# WHAT IS NEEDED
In the records below, find the line with "((fs : Fields)" and the line with "below_map (get_field fs". Print both exactly, along with every line between them, and no other line.

--------------------

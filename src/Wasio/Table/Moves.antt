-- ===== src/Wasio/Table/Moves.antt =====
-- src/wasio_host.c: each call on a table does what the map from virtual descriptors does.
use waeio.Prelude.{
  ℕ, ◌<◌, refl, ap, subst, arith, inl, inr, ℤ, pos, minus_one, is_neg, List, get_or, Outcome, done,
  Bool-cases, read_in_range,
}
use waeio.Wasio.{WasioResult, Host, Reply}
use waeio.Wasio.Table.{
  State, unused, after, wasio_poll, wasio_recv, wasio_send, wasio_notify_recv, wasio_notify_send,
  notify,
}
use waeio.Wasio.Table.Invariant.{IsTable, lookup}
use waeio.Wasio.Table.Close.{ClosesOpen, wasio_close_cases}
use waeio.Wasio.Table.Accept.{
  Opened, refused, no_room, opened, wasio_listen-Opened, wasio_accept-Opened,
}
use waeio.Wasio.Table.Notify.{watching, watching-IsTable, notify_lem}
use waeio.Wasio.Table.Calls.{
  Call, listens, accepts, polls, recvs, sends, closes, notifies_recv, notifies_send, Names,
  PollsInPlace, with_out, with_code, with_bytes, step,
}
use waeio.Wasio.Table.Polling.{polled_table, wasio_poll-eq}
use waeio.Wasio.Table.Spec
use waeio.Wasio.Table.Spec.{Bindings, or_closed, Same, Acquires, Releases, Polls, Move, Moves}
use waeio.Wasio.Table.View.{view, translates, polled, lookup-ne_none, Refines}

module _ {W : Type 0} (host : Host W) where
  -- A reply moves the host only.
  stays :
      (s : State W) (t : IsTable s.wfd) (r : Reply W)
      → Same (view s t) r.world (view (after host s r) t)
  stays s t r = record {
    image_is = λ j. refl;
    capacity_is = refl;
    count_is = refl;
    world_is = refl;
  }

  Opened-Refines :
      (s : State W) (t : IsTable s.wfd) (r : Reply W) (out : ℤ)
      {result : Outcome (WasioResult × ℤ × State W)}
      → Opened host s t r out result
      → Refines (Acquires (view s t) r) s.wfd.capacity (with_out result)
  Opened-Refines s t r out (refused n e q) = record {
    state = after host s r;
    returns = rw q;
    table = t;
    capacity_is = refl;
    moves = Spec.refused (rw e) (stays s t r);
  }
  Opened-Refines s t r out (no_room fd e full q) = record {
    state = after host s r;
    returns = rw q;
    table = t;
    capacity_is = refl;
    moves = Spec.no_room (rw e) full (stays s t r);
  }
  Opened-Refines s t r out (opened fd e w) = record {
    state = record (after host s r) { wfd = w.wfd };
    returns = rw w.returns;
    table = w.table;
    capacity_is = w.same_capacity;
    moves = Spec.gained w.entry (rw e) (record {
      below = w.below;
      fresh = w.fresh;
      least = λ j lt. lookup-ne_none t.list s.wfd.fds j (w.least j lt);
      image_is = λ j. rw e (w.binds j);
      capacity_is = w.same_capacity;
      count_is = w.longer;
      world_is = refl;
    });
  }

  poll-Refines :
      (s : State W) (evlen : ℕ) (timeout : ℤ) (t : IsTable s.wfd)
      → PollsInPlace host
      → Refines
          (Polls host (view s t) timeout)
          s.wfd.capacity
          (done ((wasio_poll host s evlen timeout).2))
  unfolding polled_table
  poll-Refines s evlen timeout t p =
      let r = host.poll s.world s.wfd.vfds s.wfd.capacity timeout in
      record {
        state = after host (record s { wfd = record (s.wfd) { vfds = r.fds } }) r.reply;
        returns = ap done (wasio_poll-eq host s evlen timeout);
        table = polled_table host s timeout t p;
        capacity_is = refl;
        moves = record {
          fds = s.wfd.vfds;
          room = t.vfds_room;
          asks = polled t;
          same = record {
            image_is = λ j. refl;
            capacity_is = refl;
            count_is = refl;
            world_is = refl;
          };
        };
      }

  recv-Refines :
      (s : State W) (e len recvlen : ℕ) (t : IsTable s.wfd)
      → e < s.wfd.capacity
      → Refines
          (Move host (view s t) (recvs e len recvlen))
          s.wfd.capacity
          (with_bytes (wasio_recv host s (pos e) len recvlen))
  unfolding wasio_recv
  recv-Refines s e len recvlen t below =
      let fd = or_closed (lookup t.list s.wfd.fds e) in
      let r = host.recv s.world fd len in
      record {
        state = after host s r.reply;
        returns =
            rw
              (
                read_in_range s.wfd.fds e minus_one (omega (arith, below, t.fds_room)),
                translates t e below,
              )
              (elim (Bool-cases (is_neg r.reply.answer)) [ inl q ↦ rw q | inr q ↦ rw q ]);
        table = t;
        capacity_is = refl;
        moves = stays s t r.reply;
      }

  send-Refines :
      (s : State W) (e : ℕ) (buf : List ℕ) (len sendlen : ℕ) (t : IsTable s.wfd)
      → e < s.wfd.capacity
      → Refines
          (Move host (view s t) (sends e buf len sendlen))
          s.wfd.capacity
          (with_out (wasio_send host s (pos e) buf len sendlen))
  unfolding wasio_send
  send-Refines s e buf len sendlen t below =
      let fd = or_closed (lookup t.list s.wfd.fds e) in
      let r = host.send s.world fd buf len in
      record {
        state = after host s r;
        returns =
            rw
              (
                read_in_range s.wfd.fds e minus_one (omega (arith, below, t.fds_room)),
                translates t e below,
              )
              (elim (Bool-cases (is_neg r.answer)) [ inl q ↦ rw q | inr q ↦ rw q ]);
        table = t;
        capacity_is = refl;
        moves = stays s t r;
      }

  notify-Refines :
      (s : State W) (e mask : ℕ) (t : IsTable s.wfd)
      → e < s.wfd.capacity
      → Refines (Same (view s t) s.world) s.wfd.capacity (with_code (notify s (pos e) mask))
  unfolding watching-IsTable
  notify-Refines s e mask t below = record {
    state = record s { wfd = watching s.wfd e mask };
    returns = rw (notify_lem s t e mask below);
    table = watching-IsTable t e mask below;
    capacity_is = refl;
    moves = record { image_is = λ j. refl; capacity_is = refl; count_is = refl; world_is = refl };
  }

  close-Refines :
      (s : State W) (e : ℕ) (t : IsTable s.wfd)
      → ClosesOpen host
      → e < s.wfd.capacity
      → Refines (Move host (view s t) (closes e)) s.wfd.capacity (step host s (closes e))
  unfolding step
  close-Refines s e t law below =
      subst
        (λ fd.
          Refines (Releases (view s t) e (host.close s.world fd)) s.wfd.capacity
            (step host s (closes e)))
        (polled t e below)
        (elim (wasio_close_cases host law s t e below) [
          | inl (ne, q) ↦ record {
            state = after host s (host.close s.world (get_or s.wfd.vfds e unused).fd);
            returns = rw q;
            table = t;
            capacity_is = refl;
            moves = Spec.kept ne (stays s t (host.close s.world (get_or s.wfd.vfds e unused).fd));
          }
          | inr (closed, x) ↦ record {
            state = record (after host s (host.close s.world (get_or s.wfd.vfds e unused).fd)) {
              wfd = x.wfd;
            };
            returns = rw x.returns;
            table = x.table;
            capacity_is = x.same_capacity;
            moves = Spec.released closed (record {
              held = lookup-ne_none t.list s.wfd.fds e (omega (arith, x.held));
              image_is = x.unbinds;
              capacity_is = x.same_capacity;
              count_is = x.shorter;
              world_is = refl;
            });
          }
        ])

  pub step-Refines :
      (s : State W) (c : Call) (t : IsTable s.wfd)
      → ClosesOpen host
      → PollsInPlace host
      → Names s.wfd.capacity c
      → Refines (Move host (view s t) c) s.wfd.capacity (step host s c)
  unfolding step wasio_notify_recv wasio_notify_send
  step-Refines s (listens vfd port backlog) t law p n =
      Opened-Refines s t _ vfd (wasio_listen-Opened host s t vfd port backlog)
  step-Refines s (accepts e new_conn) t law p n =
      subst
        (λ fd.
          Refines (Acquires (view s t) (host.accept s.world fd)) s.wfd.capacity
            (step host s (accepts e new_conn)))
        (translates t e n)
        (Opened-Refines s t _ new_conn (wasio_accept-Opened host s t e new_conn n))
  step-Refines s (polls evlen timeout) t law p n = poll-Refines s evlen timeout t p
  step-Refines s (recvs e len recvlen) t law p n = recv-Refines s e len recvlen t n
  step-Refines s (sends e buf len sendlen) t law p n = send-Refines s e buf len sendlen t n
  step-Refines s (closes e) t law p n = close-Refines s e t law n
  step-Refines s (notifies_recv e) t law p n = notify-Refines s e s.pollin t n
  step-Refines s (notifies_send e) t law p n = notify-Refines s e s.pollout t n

--------------------

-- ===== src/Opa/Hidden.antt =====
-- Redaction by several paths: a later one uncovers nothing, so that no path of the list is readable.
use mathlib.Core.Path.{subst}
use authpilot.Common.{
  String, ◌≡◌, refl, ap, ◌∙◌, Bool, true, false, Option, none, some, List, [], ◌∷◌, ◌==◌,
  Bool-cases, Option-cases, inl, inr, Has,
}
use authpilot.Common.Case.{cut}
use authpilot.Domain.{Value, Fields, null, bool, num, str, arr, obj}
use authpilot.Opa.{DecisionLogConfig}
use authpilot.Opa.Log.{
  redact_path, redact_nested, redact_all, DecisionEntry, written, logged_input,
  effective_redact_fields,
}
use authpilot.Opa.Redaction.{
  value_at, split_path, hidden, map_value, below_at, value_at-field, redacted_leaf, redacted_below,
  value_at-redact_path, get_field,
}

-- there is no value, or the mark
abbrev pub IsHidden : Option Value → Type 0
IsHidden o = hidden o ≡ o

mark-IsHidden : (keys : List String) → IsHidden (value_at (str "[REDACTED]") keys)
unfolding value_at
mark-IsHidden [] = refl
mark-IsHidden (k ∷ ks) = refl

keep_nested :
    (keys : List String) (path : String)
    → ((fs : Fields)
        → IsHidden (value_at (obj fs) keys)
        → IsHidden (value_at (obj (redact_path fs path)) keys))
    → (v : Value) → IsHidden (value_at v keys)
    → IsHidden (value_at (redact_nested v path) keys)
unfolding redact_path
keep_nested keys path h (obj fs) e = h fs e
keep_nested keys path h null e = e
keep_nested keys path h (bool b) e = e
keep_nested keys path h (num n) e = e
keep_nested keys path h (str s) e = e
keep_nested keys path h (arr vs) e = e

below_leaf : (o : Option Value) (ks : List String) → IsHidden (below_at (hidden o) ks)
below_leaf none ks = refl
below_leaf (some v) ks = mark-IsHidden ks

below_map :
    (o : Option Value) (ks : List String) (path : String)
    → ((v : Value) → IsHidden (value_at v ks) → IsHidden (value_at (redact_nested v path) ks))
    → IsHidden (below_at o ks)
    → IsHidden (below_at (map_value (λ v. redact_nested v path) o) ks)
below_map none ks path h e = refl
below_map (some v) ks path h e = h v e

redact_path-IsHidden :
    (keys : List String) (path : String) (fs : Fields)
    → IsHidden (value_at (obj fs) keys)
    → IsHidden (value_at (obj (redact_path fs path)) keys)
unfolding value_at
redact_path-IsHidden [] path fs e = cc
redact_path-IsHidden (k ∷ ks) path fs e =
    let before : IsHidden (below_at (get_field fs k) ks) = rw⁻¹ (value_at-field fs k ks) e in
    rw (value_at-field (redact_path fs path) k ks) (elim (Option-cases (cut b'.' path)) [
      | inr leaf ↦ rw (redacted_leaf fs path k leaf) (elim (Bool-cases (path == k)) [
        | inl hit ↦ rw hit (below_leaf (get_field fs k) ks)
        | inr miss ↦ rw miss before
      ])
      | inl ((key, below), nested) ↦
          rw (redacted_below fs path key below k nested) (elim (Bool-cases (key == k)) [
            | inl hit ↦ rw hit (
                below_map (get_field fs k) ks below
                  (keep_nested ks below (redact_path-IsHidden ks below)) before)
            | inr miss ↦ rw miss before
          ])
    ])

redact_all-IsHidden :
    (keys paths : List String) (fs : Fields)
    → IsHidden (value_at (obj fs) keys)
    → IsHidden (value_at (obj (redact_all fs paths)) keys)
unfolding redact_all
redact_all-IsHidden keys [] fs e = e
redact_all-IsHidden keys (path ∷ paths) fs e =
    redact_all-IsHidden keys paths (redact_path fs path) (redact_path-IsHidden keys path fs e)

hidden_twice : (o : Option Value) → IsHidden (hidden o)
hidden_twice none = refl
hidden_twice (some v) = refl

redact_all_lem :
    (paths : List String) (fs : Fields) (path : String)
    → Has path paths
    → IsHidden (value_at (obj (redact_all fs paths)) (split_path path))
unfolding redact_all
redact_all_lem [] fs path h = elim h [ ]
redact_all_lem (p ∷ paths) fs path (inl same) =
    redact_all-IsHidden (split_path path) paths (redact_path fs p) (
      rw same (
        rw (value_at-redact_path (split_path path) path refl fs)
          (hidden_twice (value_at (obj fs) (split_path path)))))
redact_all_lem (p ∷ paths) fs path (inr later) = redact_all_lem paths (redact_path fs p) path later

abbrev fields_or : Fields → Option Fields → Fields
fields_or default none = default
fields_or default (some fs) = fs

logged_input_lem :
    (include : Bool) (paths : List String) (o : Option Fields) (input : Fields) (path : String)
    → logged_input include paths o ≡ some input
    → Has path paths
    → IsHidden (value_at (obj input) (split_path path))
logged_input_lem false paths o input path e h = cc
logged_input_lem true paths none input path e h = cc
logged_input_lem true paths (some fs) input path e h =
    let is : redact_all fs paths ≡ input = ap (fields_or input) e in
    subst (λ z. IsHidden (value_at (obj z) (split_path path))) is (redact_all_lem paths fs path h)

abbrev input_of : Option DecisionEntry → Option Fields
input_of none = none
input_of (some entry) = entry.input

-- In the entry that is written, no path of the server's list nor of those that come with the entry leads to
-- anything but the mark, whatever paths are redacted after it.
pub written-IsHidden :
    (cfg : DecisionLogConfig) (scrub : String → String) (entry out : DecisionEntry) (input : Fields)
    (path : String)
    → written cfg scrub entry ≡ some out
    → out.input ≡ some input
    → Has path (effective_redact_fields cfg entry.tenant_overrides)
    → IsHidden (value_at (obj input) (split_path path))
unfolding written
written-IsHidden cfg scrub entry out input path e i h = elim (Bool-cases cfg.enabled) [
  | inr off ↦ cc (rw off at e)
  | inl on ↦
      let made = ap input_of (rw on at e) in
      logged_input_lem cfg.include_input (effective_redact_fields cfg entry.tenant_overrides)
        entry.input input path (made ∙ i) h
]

--------------------

# ANSWER AREA
    → ((fs : Fields)
        → IsHidden (value_at (obj fs) keys)
        → IsHidden (value_at (obj (redact_path fs path)) keys))
    → (v : Value) → IsHidden (value_at v keys)
    → IsHidden (value_at (redact_nested v path) keys)
unfolding redact_path
keep_nested keys path h (obj fs) e = h fs e
keep_nested keys path h null e = e
keep_nested keys path h (bool b) e = e
keep_nested keys path h (num n) e = e
keep_nested keys path h (str s) e = e
keep_nested keys path h (arr vs) e = e

below_leaf : (o : Option Value) (ks : List String) → IsHidden (below_at (hidden o) ks)
below_leaf none ks = refl
below_leaf (some v) ks = mark-IsHidden ks

below_map :
    (o : Option Value) (ks : List String) (path : String)
    → ((v : Value) → IsHidden (value_at v ks) → IsHidden (value_at (redact_nested v path) ks))
    → IsHidden (below_at o ks)
    → IsHidden (below_at (map_value (λ v. redact_nested v path) o) ks)
below_map none ks path h e = refl
below_map (some v) ks path h e = h v e

redact_path-IsHidden :
    (keys : List String) (path : String) (fs : Fields)
    → IsHidden (value_at (obj fs) keys)
    → IsHidden (value_at (obj (redact_path fs path)) keys)
unfolding value_at
redact_path-IsHidden [] path fs e = cc
redact_path-IsHidden (k ∷ ks) path fs e =
    let before : IsHidden (below_at (get_field fs k) ks) = rw⁻¹ (value_at-field fs k ks) e in
    rw (value_at-field (redact_path fs path) k ks) (elim (Option-cases (cut b'.' path)) [
      | inr leaf ↦ rw (redacted_leaf fs path k leaf) (elim (Bool-cases (path == k)) [
        | inl hit ↦ rw hit (below_leaf (get_field fs k) ks)
        | inr miss ↦ rw miss before
      ])
      | inl ((key, below), nested) ↦
          rw (redacted_below fs path key below k nested) (elim (Bool-cases (key == k)) [
            | inl hit ↦ rw hit (
                below_map (get_field fs k) ks below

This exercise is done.